Polygenic prediction of educational attainment within and between families from genome-wide association analyses in 3 million individuals
Aysu Okbay, Yeda Wu, Nancy Wang, Hariharan Jayashankar, Michael Bennett, Seyed Moeen Nehzati, Julia Sidorenko, Hyeokmoon Kweon, Grant Goldman, Tamara Gjorgjieva, Yunxuan Jiang, Barry Hicks, Chao Tian, David A. Hinds, Rafael Ahlskog, Patrik K. E. Magnusson, Sven Oskarsson, Caroline Hayward, Archie Campbell, David J. Porteous, Jeremy Freese, Pamela Herd, Michelle Agee, Babak Alipanahi, Adam Auton, Robert K. Bell, Katarzyna Bryc, Sarah L. Elson, Pierre Fontanillas, Nicholas A. Furlotte, David A. Hinds, Karen E. Huber, Aaron Kleinman, Nadia K. Litterman, Jennifer C. McCreight, Matthew H. McIntyre, Joanna L. Mountain, Carrie A. M. Northover, Steven J. Pitts, J. Fah Sathirapongsasuti, Olga V. Sazonova, Janie F. Shelton, Suyash Shringarpure, Joyce Y. Tung, Vladimir Vacic, Catherine H. Wilson, Mark Alan Fontana, Tune H. Pers, Cornelius A. Rietveld, Guo‐Bo Chen, Valur Emilsson, S. Fleur W. Meddens, Joseph K. Pickrell, Kevin Thom, Pascal Timshel, Ronald de Vlaming, Abdel Abdellaoui, Tarunveer S. Ahluwalia, Jonas Bačelis, Clemens Baumbach, Gyða Björnsdóttir, J Brandsma, Maria Pina Concas, Jaime Derringer, Tessel E. Galesloot, Giorgia Girotto, Richa Gupta, Leanne M. Hall, Sarah E. Harris, Edith Hofer, Momoko Horikoshi, Jennifer E. Huffman, Kadri Kaasik, Ioanna Panagiota Kalafati, Robert Karlsson, Jari Lahti, Sven J. van der Lee, Christiaan de Leeuw, Penelope A. Lind, Karl‐Oskar Lindgren, Tian Liu, Massimo Mangino, Jonathan Marten, Evelin Mihailov, Michael Miller, Peter J. van der Most, Christopher Oldmeadow, Antony Payton, Natalia Pervjakova, Wouter J. Peyrot, Yong Qian, Olli T. Raitakari, Rico Rueedi, Erika Salvi, Börge Schmidt, Katharina E. Schraut, Jianxin Shi, Albert V. Smith, Raymond A. Poot, Beaté St Pourcain
Abstract
We conduct a genome-wide association study (GWAS) of educational attainment (EA) in a sample of ~3 million individuals and identify 3,952 approximately uncorrelated genome-wide-significant single-nucleotide polymorphisms (SNPs).

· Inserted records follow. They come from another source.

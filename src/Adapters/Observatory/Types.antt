-- ===== src/Adapters/Observatory/Types.antt =====
-- The types of src/adapters/observatory.rs. `F` is the type of f64 and `Json` that of JSON
-- values; times are nanoseconds since the epoch.
use analytics_hub.Prelude.{ℕ, String, Option, List}
use analytics_hub.Prelude.Int.{ℤ}
use analytics_hub.Prelude.Dict.{Dict}

pub record ObservatoryConfig : Type 0 where
  pub endpoint : String
  pub api_key : Option String
  pub timeout_secs : ℕ
  pub batch_size : ℕ

pub record TelemetryPoint (F : Type 0) : Type 0 where
  pub timestamp : ℤ
  pub metric_name : String
  pub value : F
  pub unit : String
  pub tags : Dict String
  pub model_id : Option String
  pub provider : Option String

pub data TraceStatus : Type 0 where
  trace_ok error timeout : TraceStatus

pub record TokenUsage : Type 0 where
  pub prompt_tokens : ℕ
  pub completion_tokens : ℕ
  pub total_tokens : ℕ

pub record UsageTrace (Json : Type 0) : Type 0 where
  pub trace_id : String
  pub span_id : String
  pub parent_span_id : Option String
  pub operation_name : String
  pub start_time : ℤ
  pub end_time : ℤ
  pub duration_ms : ℕ
  pub status : TraceStatus
  pub attributes : Dict Json
  pub token_usage : Option TokenUsage

pub record TimeRange : Type 0 where
  pub start : ℤ
  pub end : ℤ

pub record DataPoint (F : Type 0) : Type 0 where
  pub timestamp : ℤ
  pub value : F

pub record MetricAggregations (F : Type 0) : Type 0 where
  pub min : F
  pub max : F
  pub avg : F
  pub p50 : F
  pub p95 : F
  pub p99 : F
  pub count : ℕ

pub record PerformanceMetrics (F : Type 0) : Type 0 where
  pub metric_id : String
  pub measurement : String
  pub time_range : TimeRange
  pub data_points : List (DataPoint F)
  pub aggregations : MetricAggregations F

pub record TelemetryQuery : Type 0 where
  pub metric_names : Option (List String)
  pub start_time : Option ℤ
  pub end_time : Option ℤ
  pub model_ids : Option (List String)
  pub providers : Option (List String)
  pub limit : Option ℕ

pub record TraceQuery : Type 0 where
  pub trace_ids : Option (List String)
  pub operation_names : Option (List String)
  pub start_time : Option ℤ
  pub end_time : Option ℤ
  pub min_duration_ms : Option ℕ
  pub status : Option TraceStatus
  pub limit : Option ℕ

A genome-wide polygenic predictor, or polygenic index (PGI), explains 12-16% of EA variance and contributes to risk prediction for ten diseases. Direct effects (i.e., controlling for parental PGIs) explain roughly half the PGI's magnitude of association with EA and other phenotypes. The correlation between mate-pair PGIs is far too large to be consistent with phenotypic assortment alone, implying additional assortment on PGI-associated factors. In an additional GWAS of dominance deviations from the additive model, we identify no genome-wide-significant SNPs, and a separate X-chromosome additive GWAS identifies 57.